**ACTION ITEM:**
All that should be output is the block of lines below from the line with "passed_on out = take" to the line with "rw (long, take-append", both included, exactly as written.

========================

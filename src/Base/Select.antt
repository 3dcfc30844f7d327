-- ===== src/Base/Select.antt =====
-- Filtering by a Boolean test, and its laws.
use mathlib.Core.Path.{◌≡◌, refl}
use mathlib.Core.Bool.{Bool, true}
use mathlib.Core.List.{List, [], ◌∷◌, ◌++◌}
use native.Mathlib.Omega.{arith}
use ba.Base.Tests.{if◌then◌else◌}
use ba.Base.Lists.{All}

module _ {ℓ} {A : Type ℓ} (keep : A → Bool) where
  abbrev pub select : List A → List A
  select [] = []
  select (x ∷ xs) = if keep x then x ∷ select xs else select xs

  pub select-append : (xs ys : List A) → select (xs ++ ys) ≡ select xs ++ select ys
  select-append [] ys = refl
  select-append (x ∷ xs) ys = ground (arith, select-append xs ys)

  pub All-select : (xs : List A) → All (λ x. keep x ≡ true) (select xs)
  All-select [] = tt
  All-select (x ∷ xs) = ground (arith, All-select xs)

========================

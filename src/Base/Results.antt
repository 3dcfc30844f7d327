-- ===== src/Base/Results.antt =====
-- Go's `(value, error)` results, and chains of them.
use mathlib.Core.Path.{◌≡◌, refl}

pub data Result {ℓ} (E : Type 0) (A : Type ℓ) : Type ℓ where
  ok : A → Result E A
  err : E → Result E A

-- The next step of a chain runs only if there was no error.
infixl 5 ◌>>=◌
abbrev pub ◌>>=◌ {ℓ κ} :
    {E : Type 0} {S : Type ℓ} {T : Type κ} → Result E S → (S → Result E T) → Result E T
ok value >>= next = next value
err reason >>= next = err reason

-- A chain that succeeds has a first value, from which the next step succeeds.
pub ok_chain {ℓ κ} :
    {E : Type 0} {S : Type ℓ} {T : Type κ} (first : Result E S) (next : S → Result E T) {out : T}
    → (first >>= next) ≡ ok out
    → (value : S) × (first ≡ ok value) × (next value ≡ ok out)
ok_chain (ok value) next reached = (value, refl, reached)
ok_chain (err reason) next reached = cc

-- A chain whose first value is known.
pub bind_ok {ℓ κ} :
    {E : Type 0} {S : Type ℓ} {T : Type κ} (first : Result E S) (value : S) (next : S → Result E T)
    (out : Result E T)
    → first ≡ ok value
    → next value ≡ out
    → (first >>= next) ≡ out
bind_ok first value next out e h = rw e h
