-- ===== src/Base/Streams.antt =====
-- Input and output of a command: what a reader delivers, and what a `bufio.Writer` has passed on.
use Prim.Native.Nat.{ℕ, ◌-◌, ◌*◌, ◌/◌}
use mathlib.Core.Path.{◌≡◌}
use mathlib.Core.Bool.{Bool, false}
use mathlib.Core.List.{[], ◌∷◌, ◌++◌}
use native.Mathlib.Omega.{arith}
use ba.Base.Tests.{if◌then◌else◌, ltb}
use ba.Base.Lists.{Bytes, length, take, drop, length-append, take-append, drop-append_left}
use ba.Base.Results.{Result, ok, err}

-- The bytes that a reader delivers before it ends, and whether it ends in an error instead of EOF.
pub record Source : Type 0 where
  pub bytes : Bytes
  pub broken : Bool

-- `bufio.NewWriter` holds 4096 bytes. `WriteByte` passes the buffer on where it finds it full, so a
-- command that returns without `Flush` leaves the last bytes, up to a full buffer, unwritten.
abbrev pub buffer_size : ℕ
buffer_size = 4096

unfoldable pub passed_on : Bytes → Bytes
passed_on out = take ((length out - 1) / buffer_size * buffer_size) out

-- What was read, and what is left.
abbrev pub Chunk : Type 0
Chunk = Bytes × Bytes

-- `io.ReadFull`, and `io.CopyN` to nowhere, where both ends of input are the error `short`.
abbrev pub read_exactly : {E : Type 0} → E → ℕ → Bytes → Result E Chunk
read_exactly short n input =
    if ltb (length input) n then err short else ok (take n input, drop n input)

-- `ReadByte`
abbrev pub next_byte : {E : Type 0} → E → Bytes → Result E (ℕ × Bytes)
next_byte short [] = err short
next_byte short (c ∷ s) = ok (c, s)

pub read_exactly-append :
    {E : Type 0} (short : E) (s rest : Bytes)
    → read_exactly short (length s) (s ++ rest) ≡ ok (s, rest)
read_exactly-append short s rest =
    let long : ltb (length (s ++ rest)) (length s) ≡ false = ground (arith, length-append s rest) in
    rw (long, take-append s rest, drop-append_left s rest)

========================

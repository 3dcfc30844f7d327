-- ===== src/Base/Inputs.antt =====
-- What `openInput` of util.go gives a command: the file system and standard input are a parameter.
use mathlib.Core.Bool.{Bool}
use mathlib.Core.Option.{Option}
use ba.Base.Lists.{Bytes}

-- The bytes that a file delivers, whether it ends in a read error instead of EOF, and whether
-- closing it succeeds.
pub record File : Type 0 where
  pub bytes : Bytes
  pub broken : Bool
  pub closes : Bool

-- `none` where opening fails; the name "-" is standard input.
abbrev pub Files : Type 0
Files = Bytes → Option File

========================

**YOUR SOLUTION:**
passed_on out = take ((length out - 1) / buffer_size * buffer_size) out

-- What was read, and what is left.
abbrev pub Chunk : Type 0
Chunk = Bytes × Bytes

-- `io.ReadFull`, and `io.CopyN` to nowhere, where both ends of input are the error `short`.
abbrev pub read_exactly : {E : Type 0} → E → ℕ → Bytes → Result E Chunk
read_exactly short n input =
    if ltb (length input) n then err short else ok (take n input, drop n input)

-- `ReadByte`
abbrev pub next_byte : {E : Type 0} → E → Bytes → Result E (ℕ × Bytes)
next_byte short [] = err short
next_byte short (c ∷ s) = ok (c, s)

pub read_exactly-append :
    {E : Type 0} (short : E) (s rest : Bytes)
    → read_exactly short (length s) (s ++ rest) ≡ ok (s, rest)
read_exactly-append short s rest =
    let long : ltb (length (s ++ rest)) (length s) ≡ false = ground (arith, length-append s rest) in
    rw (long, take-append s rest, drop-append_left s rest)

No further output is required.